=== INPUT DATA ===
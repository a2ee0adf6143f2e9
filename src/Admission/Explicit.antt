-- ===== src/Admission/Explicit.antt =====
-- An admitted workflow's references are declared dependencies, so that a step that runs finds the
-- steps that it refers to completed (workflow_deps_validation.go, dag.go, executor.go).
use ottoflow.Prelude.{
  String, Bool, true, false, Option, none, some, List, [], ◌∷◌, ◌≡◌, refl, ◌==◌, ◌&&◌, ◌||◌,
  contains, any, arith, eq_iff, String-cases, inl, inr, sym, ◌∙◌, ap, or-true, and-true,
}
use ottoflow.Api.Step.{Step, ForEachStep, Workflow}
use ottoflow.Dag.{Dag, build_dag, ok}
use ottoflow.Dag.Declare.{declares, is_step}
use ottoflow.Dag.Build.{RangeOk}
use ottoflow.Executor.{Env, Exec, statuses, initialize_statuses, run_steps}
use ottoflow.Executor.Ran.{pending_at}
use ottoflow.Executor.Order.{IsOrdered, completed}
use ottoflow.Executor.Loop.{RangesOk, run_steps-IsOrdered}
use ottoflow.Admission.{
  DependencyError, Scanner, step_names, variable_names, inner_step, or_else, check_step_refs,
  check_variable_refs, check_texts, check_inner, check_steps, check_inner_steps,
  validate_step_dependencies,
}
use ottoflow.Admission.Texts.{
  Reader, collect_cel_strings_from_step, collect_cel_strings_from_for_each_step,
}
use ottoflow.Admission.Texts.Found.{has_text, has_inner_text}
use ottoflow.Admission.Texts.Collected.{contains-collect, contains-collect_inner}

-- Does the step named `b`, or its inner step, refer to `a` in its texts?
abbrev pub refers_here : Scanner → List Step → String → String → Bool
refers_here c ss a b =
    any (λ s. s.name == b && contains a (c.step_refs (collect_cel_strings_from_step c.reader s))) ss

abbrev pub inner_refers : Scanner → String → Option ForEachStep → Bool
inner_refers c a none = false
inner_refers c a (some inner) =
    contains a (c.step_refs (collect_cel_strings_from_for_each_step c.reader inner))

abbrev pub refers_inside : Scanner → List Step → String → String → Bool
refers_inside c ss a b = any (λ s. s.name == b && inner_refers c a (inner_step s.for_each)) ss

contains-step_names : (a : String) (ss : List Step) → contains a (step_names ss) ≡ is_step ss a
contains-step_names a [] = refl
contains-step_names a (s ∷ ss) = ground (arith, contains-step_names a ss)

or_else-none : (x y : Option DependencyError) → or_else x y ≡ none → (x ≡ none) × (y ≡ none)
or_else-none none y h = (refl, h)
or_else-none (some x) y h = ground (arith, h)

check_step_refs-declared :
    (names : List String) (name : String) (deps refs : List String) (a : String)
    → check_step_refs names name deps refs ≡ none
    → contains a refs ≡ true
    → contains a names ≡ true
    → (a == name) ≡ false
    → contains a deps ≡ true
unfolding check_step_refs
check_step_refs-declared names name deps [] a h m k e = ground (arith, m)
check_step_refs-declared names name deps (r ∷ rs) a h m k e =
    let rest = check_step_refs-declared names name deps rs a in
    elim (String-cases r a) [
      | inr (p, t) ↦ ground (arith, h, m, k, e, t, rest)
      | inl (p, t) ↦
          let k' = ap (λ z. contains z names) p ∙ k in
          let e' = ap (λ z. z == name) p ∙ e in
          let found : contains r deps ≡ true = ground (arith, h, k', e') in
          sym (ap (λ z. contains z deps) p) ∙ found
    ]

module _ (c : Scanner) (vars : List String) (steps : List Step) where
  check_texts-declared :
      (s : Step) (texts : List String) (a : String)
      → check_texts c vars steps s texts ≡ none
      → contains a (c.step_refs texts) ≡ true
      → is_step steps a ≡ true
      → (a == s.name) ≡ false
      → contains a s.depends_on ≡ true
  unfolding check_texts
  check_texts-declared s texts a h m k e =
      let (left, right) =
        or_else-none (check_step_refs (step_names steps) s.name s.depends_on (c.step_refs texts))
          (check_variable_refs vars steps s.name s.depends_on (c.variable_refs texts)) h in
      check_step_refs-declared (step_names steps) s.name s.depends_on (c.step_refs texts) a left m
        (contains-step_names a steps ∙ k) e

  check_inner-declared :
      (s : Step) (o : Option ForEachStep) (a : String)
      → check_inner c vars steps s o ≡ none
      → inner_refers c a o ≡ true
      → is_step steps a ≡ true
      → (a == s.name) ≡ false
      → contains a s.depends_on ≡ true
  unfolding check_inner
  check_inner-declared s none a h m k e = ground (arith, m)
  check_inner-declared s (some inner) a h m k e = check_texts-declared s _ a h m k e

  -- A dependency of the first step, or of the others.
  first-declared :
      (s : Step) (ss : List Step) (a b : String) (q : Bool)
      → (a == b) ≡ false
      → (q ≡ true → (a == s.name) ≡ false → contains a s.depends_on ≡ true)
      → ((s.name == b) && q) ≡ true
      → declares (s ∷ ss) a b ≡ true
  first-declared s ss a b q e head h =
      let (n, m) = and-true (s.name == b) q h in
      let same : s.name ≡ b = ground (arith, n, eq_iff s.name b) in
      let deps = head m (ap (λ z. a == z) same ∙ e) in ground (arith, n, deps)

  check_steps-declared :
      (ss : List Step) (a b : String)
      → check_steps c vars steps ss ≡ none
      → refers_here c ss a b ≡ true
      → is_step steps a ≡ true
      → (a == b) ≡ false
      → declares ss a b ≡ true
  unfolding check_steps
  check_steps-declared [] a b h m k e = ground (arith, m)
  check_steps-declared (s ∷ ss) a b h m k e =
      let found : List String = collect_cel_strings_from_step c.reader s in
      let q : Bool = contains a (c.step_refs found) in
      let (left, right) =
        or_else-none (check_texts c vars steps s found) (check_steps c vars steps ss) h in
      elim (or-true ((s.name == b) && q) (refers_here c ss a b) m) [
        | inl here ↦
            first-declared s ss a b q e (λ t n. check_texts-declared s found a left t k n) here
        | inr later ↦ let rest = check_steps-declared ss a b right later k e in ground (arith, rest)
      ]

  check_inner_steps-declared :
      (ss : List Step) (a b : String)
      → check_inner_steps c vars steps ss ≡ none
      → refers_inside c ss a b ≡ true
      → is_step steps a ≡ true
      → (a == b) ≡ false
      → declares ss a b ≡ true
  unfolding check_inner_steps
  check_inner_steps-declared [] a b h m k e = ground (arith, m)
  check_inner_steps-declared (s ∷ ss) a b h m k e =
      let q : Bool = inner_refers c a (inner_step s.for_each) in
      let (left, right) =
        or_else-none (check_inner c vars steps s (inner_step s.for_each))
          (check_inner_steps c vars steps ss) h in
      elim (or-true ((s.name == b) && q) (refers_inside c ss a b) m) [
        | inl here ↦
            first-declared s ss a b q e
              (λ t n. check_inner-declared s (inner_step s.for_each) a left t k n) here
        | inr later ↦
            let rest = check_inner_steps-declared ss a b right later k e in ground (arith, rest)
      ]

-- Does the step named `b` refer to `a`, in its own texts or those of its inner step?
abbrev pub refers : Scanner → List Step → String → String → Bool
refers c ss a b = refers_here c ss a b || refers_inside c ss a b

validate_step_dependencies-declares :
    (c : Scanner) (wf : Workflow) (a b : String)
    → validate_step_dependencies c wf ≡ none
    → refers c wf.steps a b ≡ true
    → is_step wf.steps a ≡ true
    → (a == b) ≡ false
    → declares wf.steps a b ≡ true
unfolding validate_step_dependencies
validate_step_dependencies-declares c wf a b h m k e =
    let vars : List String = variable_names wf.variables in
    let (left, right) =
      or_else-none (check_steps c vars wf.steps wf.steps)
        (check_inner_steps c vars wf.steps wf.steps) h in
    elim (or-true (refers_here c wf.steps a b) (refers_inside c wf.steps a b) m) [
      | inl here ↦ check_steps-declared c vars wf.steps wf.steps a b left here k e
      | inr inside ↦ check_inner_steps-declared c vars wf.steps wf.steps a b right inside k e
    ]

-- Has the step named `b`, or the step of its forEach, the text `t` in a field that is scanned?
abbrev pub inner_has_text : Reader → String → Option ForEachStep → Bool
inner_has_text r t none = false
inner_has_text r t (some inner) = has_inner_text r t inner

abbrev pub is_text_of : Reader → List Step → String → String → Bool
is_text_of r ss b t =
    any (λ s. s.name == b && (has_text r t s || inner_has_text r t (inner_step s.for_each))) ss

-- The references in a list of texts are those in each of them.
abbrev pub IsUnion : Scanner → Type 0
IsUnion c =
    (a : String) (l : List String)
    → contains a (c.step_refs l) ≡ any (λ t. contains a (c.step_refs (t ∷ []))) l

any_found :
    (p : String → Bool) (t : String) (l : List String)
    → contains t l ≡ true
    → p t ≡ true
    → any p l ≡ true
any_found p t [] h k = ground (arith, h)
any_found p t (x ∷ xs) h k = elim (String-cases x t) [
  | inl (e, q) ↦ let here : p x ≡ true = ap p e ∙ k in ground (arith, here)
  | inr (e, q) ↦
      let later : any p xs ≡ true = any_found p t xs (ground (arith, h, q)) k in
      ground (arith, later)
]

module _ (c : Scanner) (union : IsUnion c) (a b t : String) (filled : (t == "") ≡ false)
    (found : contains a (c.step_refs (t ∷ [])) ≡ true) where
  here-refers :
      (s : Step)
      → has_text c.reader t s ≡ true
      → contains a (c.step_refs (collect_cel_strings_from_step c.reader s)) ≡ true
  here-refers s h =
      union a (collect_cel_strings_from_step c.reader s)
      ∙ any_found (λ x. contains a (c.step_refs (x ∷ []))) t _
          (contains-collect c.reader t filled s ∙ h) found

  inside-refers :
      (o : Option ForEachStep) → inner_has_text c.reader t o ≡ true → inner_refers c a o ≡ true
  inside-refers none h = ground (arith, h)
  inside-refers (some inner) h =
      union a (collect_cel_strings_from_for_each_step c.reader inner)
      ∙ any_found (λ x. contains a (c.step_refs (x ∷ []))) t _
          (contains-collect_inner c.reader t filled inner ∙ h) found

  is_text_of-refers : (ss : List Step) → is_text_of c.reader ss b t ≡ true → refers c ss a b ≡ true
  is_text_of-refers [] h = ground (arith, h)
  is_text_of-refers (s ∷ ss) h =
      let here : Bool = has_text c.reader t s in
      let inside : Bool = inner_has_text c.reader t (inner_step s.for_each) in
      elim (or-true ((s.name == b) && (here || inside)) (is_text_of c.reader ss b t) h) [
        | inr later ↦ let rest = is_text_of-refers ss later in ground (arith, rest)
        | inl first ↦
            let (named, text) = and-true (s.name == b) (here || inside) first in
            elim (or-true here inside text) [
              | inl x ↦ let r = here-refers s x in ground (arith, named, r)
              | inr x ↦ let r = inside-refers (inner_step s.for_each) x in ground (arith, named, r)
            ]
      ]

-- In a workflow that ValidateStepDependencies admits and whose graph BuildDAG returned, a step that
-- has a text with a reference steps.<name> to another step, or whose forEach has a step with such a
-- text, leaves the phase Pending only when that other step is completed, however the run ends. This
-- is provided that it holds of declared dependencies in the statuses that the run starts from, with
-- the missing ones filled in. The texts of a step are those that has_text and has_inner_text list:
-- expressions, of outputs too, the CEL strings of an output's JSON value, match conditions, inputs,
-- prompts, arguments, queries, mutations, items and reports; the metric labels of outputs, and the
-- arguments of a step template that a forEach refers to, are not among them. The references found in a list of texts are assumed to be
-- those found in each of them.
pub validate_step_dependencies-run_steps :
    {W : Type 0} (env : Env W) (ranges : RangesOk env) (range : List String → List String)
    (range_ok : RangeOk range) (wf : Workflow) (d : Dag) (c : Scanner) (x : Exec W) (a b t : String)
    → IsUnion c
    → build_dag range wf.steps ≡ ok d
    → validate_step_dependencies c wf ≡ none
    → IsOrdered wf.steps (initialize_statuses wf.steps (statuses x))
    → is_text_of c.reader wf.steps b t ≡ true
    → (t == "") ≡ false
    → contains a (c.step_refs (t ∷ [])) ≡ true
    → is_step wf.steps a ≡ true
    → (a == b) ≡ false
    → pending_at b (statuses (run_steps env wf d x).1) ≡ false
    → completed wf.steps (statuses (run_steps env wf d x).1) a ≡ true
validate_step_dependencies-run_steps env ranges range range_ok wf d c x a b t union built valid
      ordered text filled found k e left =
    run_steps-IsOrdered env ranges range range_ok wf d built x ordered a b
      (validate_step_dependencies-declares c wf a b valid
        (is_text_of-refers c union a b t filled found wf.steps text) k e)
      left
===
Write down, word for word, the lines above from the one containing "inside-refers (some inner)" through the one containing "is_text_of-refers (s ∷", both ends included.

## REPLY TO THE EXERCISE
  inside-refers (some inner) h =
      union a (collect_cel_strings_from_for_each_step c.reader inner)
      ∙ any_found (λ x. contains a (c.step_refs (x ∷ []))) t _
          (contains-collect_inner c.reader t filled inner ∙ h) found

  is_text_of-refers : (ss : List Step) → is_text_of c.reader ss b t ≡ true → refers c ss a b ≡ true
  is_text_of-refers [] h = ground (arith, h)
  is_text_of-refers (s ∷ ss) h =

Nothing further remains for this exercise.